I bought both of them from ebay; 12v cigarette socket and laptop 12v laptop charger

ACER ASPIRE 5730ZG 5739G 5742G 5710G 5720 LAPTOP 90W / 12V CAR ADAPTER CHARGER | eBay

12v Female Car Cigar Cigarette Lighter Socket Plug Connector High Quality 2M 5A | eBay

My laptop is an Acer Aspire 5720 and the mains adapter says output: 19v 3.24amps. 

What do ya think? 

Thank you


----------



## Canalsman (May 10, 2012)

The specification on the eBay link says minimum input voltage 11.5v ...

I'd suggest one of two things are causing the problem:

1) The leisure battery voltage is dropping below 11.5v when you plug the charger into the cigar lighter socket

or

2) There's a poor contact between the plug on the charger and the cigar lighter socket

If it's the first then your leisure battery is either pretty much flat, or it's knackered.

The second could be caused by a faulty plug or a faulty socket.

Given that you've tried it in two vehicles it's probably the second fault.


----------



## Somelier (May 10, 2012)

Have you used heavy duty cable and fuse between the lighter socket and the battery?

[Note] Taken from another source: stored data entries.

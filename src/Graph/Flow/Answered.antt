-- ===== src/Graph/Flow/Answered.antt =====
-- What query_flow of app/engine/graph/query.py shows of the flow of a transaction.
use trace_x.Common.{
  ℕ, suc, ◌+◌, ◌≤◌, ◌≡◌, ◌∙◌, refl, ap, subst, arith, inl, inr, ◌&&◌, leb, Option, none, some, List,
  [], ◌∷◌, map, length, find_first, Bool-cases,
}
use trace_x.Graph.Flow.Model.{
  NodeId, NodeType, transaction, address_or_script, output, other_type, locked_to, Node, Tables,
  Counterparty,
}
use trace_x.Graph.Flow.Sides.{spent_outputs, created_outputs, leads_from, tx_flow, address_flow}
use trace_x.Graph.Flow.Query.{
  Flow, FlowReply, failed, shown, bad_limit, total, ranked, mark_address, mark_tx, flow_of, flow_at,
  locked_or_created, find_node, resolved_flow, flow_by_type, flow_from, first_node, query_flow,
}
use trace_x.Graph.Flow.Totals.{sum_of, tx_flow-IsBalanced}
use trace_x.Graph.Flow.Ranking.{ranked-IsTop}

-- The sizes of a flow agree, and the amounts of a transaction's are those of its outputs.
pub record IsSummed (t : Tables) (limit : ℕ) (f : Flow) : Type 0 where
  pub inputs_fit : length f.inputs ≤ limit
  pub outputs_fit : length f.outputs ≤ limit
  pub inputs_counted : length f.inputs + f.truncated_inputs ≡ f.input_count
  pub outputs_counted : length f.outputs + f.truncated_outputs ≡ f.output_count
  pub amounts :
      f.centre_type ≡ transaction
      → (f.input_sats ≡ sum_of (spent_outputs t f.centre_id))
        × (f.output_sats ≡ sum_of (created_outputs t f.centre_id))

length-map :
    (mark : Counterparty → Counterparty) (cs : List Counterparty) → length (map mark cs) ≡ length cs
length-map mark [] = refl
length-map mark (c ∷ cs) = ap suc (length-map mark cs)

Answers : Tables → ℕ → FlowReply → Type 0
Answers t limit (failed e) = Unit
Answers t limit (shown f) = IsSummed t limit f

flow_of-IsSummed :
    (t : Tables) (limit : ℕ) (id : NodeId) (node_type : NodeType) (from : Option NodeId)
    (mark : Counterparty → Counterparty) (sides : List Counterparty × List Counterparty)
    → (node_type ≡ transaction → sides ≡ tx_flow t id)
    → IsSummed t limit (flow_of limit id node_type from mark sides)
unfolding flow_of
flow_of-IsSummed t limit id node_type from mark (ins, outs) is_tx =
    let top_in = ranked-IsTop ins limit in
    let top_out = ranked-IsTop outs limit in
    let size_in = length-map mark (ranked ins limit).0 in
    let size_out = length-map mark (ranked outs limit).0 in
    record {
      inputs_fit = (let h = top_in.fits in omega arith);
      outputs_fit = (let h = top_out.fits in omega arith);
      inputs_counted = (let h = top_in.complete in omega arith);
      outputs_counted = (let h = top_out.complete in omega arith);
      amounts = λ same.
          let e = is_tx same in
          let (a, b) = tx_flow-IsBalanced t id in
          (
            ap (λ (p : List Counterparty × List Counterparty). total p.0) e ∙ a.amounts,
            ap (λ (p : List Counterparty × List Counterparty). total p.1) e ∙ b.amounts,
          );
    }

flow_at-Answers :
    (t : Tables) (limit : ℕ) (id : NodeId) (node_type : NodeType) (from : Option NodeId)
    → Answers t limit (flow_at t limit id node_type from)
unfolding flow_at Answers
flow_at-Answers t limit id transaction from =
    flow_of-IsSummed t limit id transaction from (mark_address t id) (tx_flow t id) (λ e. refl)
flow_at-Answers t limit id address_or_script from =
    flow_of-IsSummed t limit id address_or_script from (mark_tx t id) (address_flow t id)
      (λ e. absurd (cc))
flow_at-Answers t limit id output from = tt
flow_at-Answers t limit id other_type from = tt

resolved_flow-Answers :
    (t : Tables) (limit : ℕ) (from : NodeId) (n : Option Node)
    → Answers t limit (resolved_flow t limit from n)
unfolding resolved_flow Answers
resolved_flow-Answers t limit from none = tt
resolved_flow-Answers t limit from (some n) =
    flow_at-Answers t limit n.node_id n.node_type (some from)

flow_by_type-Answers :
    (t : Tables) (limit : ℕ) (id : NodeId) (node_type : NodeType)
    → Answers t limit (flow_by_type t limit id node_type)
unfolding flow_by_type
flow_by_type-Answers t limit id output =
    resolved_flow-Answers t limit id
      (find_node t (locked_or_created id (find_first (leads_from locked_to id) t.edges)))
flow_by_type-Answers t limit id transaction = flow_at-Answers t limit id transaction none
flow_by_type-Answers t limit id address_or_script =
    flow_at-Answers t limit id address_or_script none
flow_by_type-Answers t limit id other_type = flow_at-Answers t limit id other_type none

flow_from-Answers :
    (t : Tables) (limit : ℕ) (n : Option Node) → Answers t limit (flow_from t limit n)
unfolding flow_from Answers
flow_from-Answers t limit none = tt
flow_from-Answers t limit (some n) = flow_by_type-Answers t limit n.node_id n.node_type

-- A flow that is shown has at most as many entries on a side as the limit, which is at most 200; what
-- it shows and what it counts as truncated make up the counterparties; and the amounts of a
-- transaction's flow are the sums over all outputs that it spent and created, shown or not, and
-- unknown when one of these is.
pub query_flow-IsSummed :
    (t : Tables) (candidates : List NodeId) (limit : ℕ) (f : Flow)
    → query_flow t candidates limit ≡ shown f
    → (limit ≤ 200) × IsSummed t limit f
unfolding query_flow
query_flow-IsSummed t candidates limit f e = elim (Bool-cases (leb 1 limit && leb limit 200)) [
  | inl fits ↦
      let is_f : flow_from t limit (first_node t candidates) ≡ shown f = rw fits at e in
      (
        ground arith,
        unfold Answers in
            subst (Answers t limit) is_f (flow_from-Answers t limit (first_node t candidates)),
      )
  | inr not_fits ↦ let no : failed bad_limit ≡ shown f = rw not_fits at e in absurd (cc)
]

I found that using a lightweight extension lead from the lighter socket to my inverter had exactly the same effect. When I plugged directly into the lighter socket, the inverter worked fine.


----------



## yandoo (May 10, 2012)

I did use the very small wires that came with the 12v socket, I also didn't use a fuse. I also measured the voltage of the leisure battery when dormant to be 12.70v, with a single 12v light on it measured 12.60v. I've not measured it with the laptop charger on yet but I have tested power is going to the cigarette socket ok. 

I'm not convinced its the small wires that came with it as I had the same results when I tested the laptop charger in another car. I thought the battery was fairly new, it looks it. 

Thanks ever so much for the help


----------



## Canalsman (May 10, 2012)

Just had a look at the socket you have bought.

It's rated at only 5 amps - the usual rating for these sockets is 10 amps, double what you have bought.

I think that's the cause of your problem. Try plugging the charger directly into a car's cigar lighter socket, which will be rated at 10 amps, and then try the laptop. If that works, without the engine running, then you need to buy another socket rated at 10 amps.


----------



## yandoo (May 10, 2012)

I tested it in another car and got the same results, unless the engine was running.


----------



## activecampers (May 11, 2012)

echo above.

You need a 10a socket, not 5A, though doubt this is your issue (though could be later on)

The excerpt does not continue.